[Items from a dataset]
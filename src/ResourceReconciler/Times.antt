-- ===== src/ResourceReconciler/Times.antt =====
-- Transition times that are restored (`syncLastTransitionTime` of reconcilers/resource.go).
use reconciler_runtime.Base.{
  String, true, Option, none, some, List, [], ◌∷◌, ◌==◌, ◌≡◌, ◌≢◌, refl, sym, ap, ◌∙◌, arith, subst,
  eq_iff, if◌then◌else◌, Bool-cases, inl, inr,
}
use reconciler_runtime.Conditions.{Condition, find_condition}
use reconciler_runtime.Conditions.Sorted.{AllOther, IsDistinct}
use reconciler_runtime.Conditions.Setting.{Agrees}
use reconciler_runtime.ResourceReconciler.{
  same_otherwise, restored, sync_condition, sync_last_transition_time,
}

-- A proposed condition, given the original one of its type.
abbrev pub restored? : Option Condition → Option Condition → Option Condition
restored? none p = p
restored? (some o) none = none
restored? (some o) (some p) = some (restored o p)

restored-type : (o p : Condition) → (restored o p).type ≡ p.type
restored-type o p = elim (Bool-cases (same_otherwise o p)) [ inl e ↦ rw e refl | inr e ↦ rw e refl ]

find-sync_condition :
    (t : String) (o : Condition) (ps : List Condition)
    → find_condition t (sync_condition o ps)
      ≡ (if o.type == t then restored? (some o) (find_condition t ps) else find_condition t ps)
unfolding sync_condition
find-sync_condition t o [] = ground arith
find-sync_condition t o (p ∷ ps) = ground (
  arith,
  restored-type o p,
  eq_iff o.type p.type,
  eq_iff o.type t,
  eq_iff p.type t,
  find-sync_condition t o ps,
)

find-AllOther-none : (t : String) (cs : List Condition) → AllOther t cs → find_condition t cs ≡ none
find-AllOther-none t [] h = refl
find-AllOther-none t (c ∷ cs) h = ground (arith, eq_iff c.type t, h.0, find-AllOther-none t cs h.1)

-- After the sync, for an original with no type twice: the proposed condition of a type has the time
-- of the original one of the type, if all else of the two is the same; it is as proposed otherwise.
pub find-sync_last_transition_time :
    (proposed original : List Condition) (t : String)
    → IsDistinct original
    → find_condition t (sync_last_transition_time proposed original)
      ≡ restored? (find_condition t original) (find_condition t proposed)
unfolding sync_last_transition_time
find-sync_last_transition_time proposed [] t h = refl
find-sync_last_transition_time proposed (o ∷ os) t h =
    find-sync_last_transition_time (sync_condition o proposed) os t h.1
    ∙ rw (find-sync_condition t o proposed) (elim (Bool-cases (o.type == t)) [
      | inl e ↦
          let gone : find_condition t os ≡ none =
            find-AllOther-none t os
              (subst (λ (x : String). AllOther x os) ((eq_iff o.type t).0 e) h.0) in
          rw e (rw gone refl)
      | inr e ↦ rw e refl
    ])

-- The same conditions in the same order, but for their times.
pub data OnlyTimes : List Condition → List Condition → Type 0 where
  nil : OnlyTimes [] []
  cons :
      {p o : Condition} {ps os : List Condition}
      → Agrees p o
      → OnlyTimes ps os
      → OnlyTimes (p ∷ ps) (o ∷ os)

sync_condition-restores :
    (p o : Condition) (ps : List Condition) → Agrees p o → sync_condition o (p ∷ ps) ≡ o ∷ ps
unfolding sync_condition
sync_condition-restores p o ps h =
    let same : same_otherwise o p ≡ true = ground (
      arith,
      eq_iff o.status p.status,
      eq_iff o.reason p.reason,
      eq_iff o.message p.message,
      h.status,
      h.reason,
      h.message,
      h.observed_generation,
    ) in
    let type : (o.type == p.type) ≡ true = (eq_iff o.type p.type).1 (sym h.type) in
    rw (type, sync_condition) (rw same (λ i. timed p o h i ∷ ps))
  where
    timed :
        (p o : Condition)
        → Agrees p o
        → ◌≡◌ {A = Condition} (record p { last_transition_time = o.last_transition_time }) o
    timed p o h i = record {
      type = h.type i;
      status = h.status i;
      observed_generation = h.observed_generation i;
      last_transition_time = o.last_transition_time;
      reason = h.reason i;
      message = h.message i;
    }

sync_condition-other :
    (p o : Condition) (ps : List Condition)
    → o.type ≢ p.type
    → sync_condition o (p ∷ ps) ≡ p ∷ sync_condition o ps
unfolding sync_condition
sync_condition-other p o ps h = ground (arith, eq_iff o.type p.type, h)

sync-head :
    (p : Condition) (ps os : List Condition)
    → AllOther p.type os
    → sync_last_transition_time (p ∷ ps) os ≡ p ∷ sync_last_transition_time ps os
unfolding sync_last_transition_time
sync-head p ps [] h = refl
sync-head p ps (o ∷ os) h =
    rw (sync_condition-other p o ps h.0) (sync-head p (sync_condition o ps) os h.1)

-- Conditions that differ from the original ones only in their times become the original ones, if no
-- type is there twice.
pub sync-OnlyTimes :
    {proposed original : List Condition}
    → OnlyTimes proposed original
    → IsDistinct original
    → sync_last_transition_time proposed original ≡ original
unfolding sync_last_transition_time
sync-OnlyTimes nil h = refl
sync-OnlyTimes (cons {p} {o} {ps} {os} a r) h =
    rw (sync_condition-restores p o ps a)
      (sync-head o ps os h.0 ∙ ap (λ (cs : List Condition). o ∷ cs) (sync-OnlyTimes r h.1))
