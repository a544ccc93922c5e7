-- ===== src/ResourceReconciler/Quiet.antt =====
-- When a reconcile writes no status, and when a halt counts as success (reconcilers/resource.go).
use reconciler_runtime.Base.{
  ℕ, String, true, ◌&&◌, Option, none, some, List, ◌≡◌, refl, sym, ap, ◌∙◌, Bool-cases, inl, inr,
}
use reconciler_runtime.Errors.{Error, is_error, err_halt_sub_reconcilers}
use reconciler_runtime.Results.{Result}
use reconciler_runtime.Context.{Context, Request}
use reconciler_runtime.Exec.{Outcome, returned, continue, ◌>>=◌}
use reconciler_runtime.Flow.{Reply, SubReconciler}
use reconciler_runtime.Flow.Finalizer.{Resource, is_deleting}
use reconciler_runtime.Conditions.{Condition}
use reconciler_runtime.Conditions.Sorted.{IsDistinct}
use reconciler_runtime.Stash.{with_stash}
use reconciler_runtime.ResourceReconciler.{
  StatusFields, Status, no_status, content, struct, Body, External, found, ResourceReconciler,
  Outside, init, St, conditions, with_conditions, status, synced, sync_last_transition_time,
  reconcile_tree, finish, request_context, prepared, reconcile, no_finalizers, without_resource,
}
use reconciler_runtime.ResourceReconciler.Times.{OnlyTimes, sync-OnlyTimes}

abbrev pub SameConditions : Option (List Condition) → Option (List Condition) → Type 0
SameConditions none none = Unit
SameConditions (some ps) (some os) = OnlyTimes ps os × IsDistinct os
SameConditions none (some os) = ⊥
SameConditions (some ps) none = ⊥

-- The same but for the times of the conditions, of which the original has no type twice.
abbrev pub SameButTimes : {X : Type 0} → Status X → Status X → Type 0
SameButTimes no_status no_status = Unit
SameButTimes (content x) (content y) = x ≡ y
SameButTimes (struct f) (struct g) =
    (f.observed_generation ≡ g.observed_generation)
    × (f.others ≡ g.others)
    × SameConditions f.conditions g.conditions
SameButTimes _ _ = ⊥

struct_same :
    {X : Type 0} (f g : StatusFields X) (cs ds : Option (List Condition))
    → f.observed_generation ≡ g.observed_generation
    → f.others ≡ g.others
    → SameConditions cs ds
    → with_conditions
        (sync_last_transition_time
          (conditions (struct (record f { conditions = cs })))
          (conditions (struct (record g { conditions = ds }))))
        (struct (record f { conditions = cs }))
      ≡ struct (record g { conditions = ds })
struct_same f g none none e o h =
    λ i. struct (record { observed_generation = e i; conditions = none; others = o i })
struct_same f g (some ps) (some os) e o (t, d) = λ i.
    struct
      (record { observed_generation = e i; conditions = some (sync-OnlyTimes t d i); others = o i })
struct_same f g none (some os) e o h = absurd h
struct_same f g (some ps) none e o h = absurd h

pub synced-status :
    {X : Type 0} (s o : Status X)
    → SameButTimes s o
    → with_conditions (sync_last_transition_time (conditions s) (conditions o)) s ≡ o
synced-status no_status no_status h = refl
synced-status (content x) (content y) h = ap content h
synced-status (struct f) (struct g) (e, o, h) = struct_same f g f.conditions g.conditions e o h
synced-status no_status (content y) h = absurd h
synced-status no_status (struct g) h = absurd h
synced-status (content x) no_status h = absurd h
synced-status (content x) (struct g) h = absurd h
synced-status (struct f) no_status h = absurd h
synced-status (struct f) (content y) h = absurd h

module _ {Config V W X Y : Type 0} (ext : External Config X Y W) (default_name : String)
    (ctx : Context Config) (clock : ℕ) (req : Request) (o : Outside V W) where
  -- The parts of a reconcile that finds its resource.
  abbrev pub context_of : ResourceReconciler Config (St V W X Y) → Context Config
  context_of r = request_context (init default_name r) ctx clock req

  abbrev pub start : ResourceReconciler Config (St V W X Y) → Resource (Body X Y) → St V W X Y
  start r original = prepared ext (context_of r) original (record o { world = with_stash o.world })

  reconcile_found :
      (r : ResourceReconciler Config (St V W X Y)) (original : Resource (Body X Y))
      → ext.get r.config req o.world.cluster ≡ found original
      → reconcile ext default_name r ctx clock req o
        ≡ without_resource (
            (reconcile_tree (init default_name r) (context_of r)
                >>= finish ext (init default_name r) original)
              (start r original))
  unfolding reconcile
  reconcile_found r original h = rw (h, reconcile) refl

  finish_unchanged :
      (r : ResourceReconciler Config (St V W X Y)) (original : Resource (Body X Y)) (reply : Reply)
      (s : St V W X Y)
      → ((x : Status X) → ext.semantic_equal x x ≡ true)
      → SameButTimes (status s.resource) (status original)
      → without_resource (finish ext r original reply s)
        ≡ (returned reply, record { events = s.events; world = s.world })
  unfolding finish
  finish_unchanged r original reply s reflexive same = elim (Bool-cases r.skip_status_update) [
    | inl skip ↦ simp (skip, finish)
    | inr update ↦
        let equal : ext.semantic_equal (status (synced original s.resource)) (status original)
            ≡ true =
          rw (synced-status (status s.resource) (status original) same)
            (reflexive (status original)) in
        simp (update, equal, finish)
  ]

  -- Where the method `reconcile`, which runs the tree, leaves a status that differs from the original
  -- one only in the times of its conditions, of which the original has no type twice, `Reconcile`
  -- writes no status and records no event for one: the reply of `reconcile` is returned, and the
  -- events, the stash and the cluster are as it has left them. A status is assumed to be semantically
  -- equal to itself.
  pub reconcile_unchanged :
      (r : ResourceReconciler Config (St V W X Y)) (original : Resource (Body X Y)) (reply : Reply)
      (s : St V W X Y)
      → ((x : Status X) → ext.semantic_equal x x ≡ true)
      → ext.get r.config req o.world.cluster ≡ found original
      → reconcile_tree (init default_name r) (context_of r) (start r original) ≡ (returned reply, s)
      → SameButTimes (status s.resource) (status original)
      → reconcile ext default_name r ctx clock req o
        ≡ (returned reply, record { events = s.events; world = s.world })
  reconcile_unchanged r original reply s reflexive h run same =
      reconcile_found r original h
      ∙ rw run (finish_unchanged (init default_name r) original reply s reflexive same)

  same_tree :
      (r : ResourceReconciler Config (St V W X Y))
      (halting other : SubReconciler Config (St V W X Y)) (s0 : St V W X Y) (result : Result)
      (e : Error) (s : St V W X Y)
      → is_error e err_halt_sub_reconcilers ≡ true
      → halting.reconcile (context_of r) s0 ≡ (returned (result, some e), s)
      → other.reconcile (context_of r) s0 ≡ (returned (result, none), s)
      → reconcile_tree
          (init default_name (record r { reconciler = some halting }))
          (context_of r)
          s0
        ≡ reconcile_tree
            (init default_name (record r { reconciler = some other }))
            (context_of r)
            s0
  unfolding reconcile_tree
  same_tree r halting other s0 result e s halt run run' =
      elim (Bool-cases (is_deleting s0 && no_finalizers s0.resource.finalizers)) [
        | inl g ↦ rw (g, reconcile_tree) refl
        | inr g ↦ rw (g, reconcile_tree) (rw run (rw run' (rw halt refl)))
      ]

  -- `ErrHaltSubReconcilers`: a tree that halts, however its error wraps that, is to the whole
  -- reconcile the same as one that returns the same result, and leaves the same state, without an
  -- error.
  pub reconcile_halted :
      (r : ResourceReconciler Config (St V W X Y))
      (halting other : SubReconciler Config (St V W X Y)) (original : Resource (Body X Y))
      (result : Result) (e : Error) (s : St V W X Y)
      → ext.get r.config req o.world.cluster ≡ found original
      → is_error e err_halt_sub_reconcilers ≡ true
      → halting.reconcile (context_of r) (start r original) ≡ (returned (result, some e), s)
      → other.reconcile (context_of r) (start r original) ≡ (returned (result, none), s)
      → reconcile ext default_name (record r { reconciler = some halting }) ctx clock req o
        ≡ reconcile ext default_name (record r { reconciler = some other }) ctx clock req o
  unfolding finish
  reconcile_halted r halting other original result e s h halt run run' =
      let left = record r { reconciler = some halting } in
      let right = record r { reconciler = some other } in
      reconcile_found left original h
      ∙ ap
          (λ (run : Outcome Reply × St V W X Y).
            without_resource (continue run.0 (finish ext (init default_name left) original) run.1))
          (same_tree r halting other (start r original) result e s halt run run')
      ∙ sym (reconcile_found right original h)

# TASK BRIEF:
Retype the records above exactly, from their first line through the line that contains "find-AllOther-none t [] h = refl", and stop there.

# REPLY:
filename src/ResourceReconciler/Times.antt
-- ===== src/ResourceReconciler/Times.antt =====
-- Transition times that are restored (`syncLastTransitionTime` of reconcilers/resource.go).
use reconciler_runtime.Base.{
  String, true, Option, none, some, List, [], ◌∷◌, ◌==◌, ◌≡◌, ◌≢◌, refl, sym, ap, ◌∙◌, arith, subst,
  eq_iff, if◌then◌else◌, Bool-cases, inl, inr,
}
use reconciler_runtime.Conditions.{Condition, find_condition}
use reconciler_runtime.Conditions.Sorted.{AllOther, IsDistinct}
use reconciler_runtime.Conditions.Setting.{Agrees}
use reconciler_runtime.ResourceReconciler.{
  same_otherwise, restored, sync_condition, sync_last_transition_time,
}

-- A proposed condition, given the original one of its type.
abbrev pub restored? : Option Condition → Option Condition → Option Condition
restored? none p = p
restored? (some o) none = none
restored? (some o) (some p) = some (restored o p)

restored-type : (o p : Condition) → (restored o p).type ≡ p.type
restored-type o p = elim (Bool-cases (same_otherwise o p)) [ inl e ↦ rw e refl | inr e ↦ rw e refl ]

find-sync_condition :
    (t : String) (o : Condition) (ps : List Condition)
    → find_condition t (sync_condition o ps)
      ≡ (if o.type == t then restored? (some o) (find_condition t ps) else find_condition t ps)
unfolding sync_condition
find-sync_condition t o [] = ground arith
find-sync_condition t o (p ∷ ps) = ground (
  arith,
  restored-type o p,
  eq_iff o.type p.type,
  eq_iff o.type t,
  eq_iff p.type t,
  find-sync_condition t o ps,
)

find-AllOther-none : (t : String) (cs : List Condition) → AllOther t cs → find_condition t cs ≡ none
find-AllOther-none t [] h = refl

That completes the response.